Le chancelier allemand, Friedrich Merz, a évoqué pour sa part une "escalade irresponsable".

La présidente de la Commission européenne, Ursula von der Leyen, a dénoncé "la brutalité du Kremlin et son mépris à la fois pour la vie humaine et pour les négociations de paix".

"La terreur contre les civils n'est pas de la force. C'est du désespoir", a-t-elle ajouté.

"La Russie a atteint une impasse sur le champ de bataille, alors elle terrorise l'Ukraine avec des frappes délibérées sur les centres-villes", a écrit sur X la cheffe de la diplomatie européenne, Kaja Kallas.

Elle a annoncé que les ministres des Affaires étrangères de l'UE "discuteront de la manière d'accroître la pression" sur le Kremlin lors d'une réunion prévue la semaine prochaine.

La Première ministre italienne, Giorgia Meloni, a également réagi à ces bombardements meurtriers : "Je condamne fermement la violente attaque russe qui a de nouveau frappé les infrastructures civiles en Ukraine, avec une escalade progressive dans la nature des armes utilisées", a-t-elle déclaré, selon un communiqué officiel.

Mark Carney, chef du gouvernement canadien, a appelé la Russie à "cesser immédiatement ces frappes et à mettre fin à cette guerre d'agression illégale".

Selon lui, ces attaques "prolongent les souffrances humaines et ne changent rien au fait que la Russie perdra cette guerre".

C'est la troisième fois depuis le début de l'invasion à grande échelle de l'Ukraine que la Russie utilise le missile Orechnik.

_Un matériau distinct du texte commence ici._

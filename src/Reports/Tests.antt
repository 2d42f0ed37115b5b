-- ===== src/Reports/Tests.antt =====
-- packages/domain/src/reports.ts: the theorems at concrete inputs.
use interview_agent.Common.{◌≡◌, refl, none, ok, List, [], ◌∷◌, any, has, text_eq, get, set, arith}
use interview_agent.Interview.{
  go_language, concurrency_runtime_performance, http_rpc_api, database_storage,
  cache_messaging_distributed, testing_observability_engineering, scored, zero_score, skipped,
  parse_positive_question_score,
}
use interview_agent.Scoring.{
  assessed, unassessed, aggregate_domain_scores, domain_score, scores_in, rounded_average, sum,
  create_zero_question_outcome,
}
use interview_agent.Reports.{
  ReportSnapshot, ReportQuestionFeedback, answer_material, question_snapshot, Issue, at_questions,
  non_contiguous_position,
}
use interview_agent.Reports.Questions.{
  question_issues, feedback_outcome, validate_evidence, matched_loop, missing_loop, awarded_score,
}
use interview_agent.Reports.Snapshots.{
  semantic_issues, tally, domain_issues, question_loop, counted_issues, repeated, missing_positions,
  compare_domains, find_domain, score_issues, question_version_issues, version_issues, extra_issues,
  questions_by_id, versions_by_id,
}
use interview_agent.Reports.Consistent.{IsConsistent, semantic_issues-IsConsistent}
use interview_agent.Reports.Total.{semantic_issues-total}

-- A question with 50 points for one rubric item, on an answer.
abbrev scored_feedback : ReportQuestionFeedback
scored_feedback = record {
  question_id = 1 ∷ [];
  question_version = 1;
  domain = go_language;
  position = 1;
  displayed_question = 81 ∷ [];
  answer_summary = 65 ∷ [];
  matched_knowledge_points =
      record {
        rubric_item_id = 1 ∷ [];
        summary = 80 ∷ [];
        awarded_points = 50;
        evidence = answer_material (3 ∷ []) ∷ [];
      }
      ∷ [];
  missing_or_incorrect_points = [];
  score_rationale = 82 ∷ [];
  improvement_suggestions = (73 ∷ []) ∷ [];
  evidence = answer_material (3 ∷ []) ∷ [];
  outcome = scored 50;
}

-- A skipped question, with its snapshot as evidence.
abbrev skipped_feedback : ReportQuestionFeedback
skipped_feedback = record scored_feedback {
  question_id = 2 ∷ [];
  domain = http_rpc_api;
  position = 2;
  matched_knowledge_points = [];
  evidence = question_snapshot (2 ∷ []) ∷ [];
  outcome = zero_score skipped;
}

-- The incomplete report on the two.
abbrev small_report : ReportSnapshot
small_report = record {
  overall_score = none;
  question_versions =
      record { question_id = 1 ∷ []; question_version = 1 }
      ∷ record { question_id = 2 ∷ []; question_version = 1 }
      ∷ [];
  domains =
      assessed go_language 50 1
      ∷ unassessed concurrency_runtime_performance
      ∷ assessed http_rpc_api 0 1
      ∷ unassessed database_storage
      ∷ unassessed cache_messaging_distributed
      ∷ unassessed testing_observability_engineering
      ∷ [];
  questions = scored_feedback ∷ skipped_feedback ∷ [];
}

small_report_clean : semantic_issues small_report ≡ ok []
unfolding semantic_issues tally get set domain_issues question_loop question_issues feedback_outcome
    parse_positive_question_score validate_evidence matched_loop missing_loop awarded_score any has
    text_eq counted_issues repeated missing_positions compare_domains find_domain score_issues
    question_version_issues version_issues extra_issues questions_by_id versions_by_id
    aggregate_domain_scores domain_score scores_in rounded_average sum create_zero_question_outcome
small_report_clean = refl

semantic_issues-IsConsistent_example : IsConsistent small_report
semantic_issues-IsConsistent_example = semantic_issues-IsConsistent small_report small_report_clean

semantic_issues-total_example :
    (issues : List Issue) × (semantic_issues (record small_report { domains = [] }) ≡ ok issues)
semantic_issues-total_example =
    semantic_issues-total (record small_report { domains = [] })
      ((omega arith, omega arith), (tt, tt))

-- The second question at the third position, and another score for a domain.
gap_found :
    semantic_issues (record small_report {
      questions = scored_feedback ∷ record skipped_feedback { position = 3 } ∷ [];
    })
    ≡ ok (record { path = at_questions; code = non_contiguous_position } ∷ [])
unfolding semantic_issues tally get set domain_issues question_loop question_issues feedback_outcome
    parse_positive_question_score validate_evidence matched_loop missing_loop awarded_score any has
    text_eq counted_issues repeated missing_positions compare_domains find_domain score_issues
    question_version_issues version_issues extra_issues questions_by_id versions_by_id
    aggregate_domain_scores domain_score scores_in rounded_average sum create_zero_question_outcome
gap_found = refl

Cette fois, il a visé la ville de Bila Tserkva, à 80 kilomètres au sud de Kyiv, où les dégâts seraient restés limités, selon les médias ukrainiens.

Ailleurs, à Kyiv et dans ses environs, cette attaque combinée, menée à l'aide de centaines de drones et de missiles, a fait au moins quatre morts et plus de 80 blessés, ont rapporté les autorités ukrainiennes. Des dizaines d'immeubles résidentiels ainsi que plusieurs écoles ont également été endommagés, ont indiqué les responsables locaux.

Les locaux de la chaîne publique allemande ARD, situés dans le centre de Kyiv, ont été partiellement détruits par une onde de choc, selon le média. Au moment de l'attaque, aucun membre du personnel ne se trouvait dans le bâtiment.